--- INPUT DATA Enclosed Below ---
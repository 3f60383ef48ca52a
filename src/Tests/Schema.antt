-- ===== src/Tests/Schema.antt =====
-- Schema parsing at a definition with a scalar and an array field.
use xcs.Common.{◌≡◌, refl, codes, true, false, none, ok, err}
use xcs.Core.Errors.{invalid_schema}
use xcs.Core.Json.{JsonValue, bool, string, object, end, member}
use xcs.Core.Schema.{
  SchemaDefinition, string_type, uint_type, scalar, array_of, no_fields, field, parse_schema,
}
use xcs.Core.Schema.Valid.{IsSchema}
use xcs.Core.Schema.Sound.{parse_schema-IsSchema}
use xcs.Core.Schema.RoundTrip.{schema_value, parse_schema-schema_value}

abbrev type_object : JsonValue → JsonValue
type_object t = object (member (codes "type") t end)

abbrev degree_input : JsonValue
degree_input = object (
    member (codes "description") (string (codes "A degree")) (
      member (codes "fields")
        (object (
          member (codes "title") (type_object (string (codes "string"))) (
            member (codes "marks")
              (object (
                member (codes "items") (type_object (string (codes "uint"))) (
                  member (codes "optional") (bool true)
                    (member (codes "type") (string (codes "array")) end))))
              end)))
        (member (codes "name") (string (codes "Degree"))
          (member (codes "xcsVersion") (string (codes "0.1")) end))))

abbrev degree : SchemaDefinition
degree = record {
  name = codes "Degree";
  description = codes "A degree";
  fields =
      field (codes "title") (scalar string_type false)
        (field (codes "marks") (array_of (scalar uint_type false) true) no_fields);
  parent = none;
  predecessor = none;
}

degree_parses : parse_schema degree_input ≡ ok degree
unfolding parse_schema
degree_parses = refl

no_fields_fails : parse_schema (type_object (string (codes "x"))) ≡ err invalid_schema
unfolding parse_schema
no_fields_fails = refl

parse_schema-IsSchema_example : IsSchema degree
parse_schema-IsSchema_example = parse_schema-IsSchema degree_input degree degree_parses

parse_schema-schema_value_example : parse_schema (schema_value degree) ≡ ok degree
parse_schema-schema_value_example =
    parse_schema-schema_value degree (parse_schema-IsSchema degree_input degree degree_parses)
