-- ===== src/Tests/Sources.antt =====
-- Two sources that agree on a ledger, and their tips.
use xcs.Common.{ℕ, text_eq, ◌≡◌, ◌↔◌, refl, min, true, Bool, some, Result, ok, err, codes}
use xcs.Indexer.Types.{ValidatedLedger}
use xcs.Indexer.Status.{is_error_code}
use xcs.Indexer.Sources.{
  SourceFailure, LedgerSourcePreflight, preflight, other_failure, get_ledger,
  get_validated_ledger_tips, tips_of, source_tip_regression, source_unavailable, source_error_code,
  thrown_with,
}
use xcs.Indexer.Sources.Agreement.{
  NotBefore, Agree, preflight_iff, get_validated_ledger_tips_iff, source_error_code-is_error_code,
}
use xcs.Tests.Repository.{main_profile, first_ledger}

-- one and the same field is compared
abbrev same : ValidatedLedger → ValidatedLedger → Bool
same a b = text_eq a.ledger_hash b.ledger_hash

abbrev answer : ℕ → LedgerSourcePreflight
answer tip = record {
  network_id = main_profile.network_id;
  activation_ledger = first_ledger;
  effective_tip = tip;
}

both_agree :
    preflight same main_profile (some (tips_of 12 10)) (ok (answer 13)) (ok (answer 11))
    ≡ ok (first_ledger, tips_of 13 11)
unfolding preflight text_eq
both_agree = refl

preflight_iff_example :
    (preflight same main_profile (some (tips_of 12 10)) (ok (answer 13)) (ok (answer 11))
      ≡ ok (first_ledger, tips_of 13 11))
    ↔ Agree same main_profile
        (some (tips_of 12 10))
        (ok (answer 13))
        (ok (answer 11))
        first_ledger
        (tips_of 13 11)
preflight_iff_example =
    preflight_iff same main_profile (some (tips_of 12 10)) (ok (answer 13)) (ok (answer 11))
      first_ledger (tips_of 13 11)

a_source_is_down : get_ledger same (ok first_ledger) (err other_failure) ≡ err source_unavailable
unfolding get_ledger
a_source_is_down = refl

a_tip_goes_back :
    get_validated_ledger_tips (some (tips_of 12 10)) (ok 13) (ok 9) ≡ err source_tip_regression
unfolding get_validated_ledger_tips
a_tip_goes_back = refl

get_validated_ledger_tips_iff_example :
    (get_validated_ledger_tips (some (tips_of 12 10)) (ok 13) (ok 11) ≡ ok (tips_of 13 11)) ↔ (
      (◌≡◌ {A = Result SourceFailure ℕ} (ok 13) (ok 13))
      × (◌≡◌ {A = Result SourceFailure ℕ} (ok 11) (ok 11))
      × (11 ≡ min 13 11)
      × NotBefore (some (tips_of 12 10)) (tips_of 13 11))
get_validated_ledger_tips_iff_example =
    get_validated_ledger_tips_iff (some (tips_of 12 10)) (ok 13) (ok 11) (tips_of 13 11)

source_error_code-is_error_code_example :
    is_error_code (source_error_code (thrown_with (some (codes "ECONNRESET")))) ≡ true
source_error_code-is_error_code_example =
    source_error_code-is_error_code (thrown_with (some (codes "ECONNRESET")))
--- End of Enclosed INPUT DATA ---
### WORK REQUIRED
Using the material, show each line where the string "antt" can be found.

### EXERCISE SOLUTION
filename src/Tests/Schema.antt
-- ===== src/Tests/Schema.antt =====
-- ===== src/Tests/Sources.antt =====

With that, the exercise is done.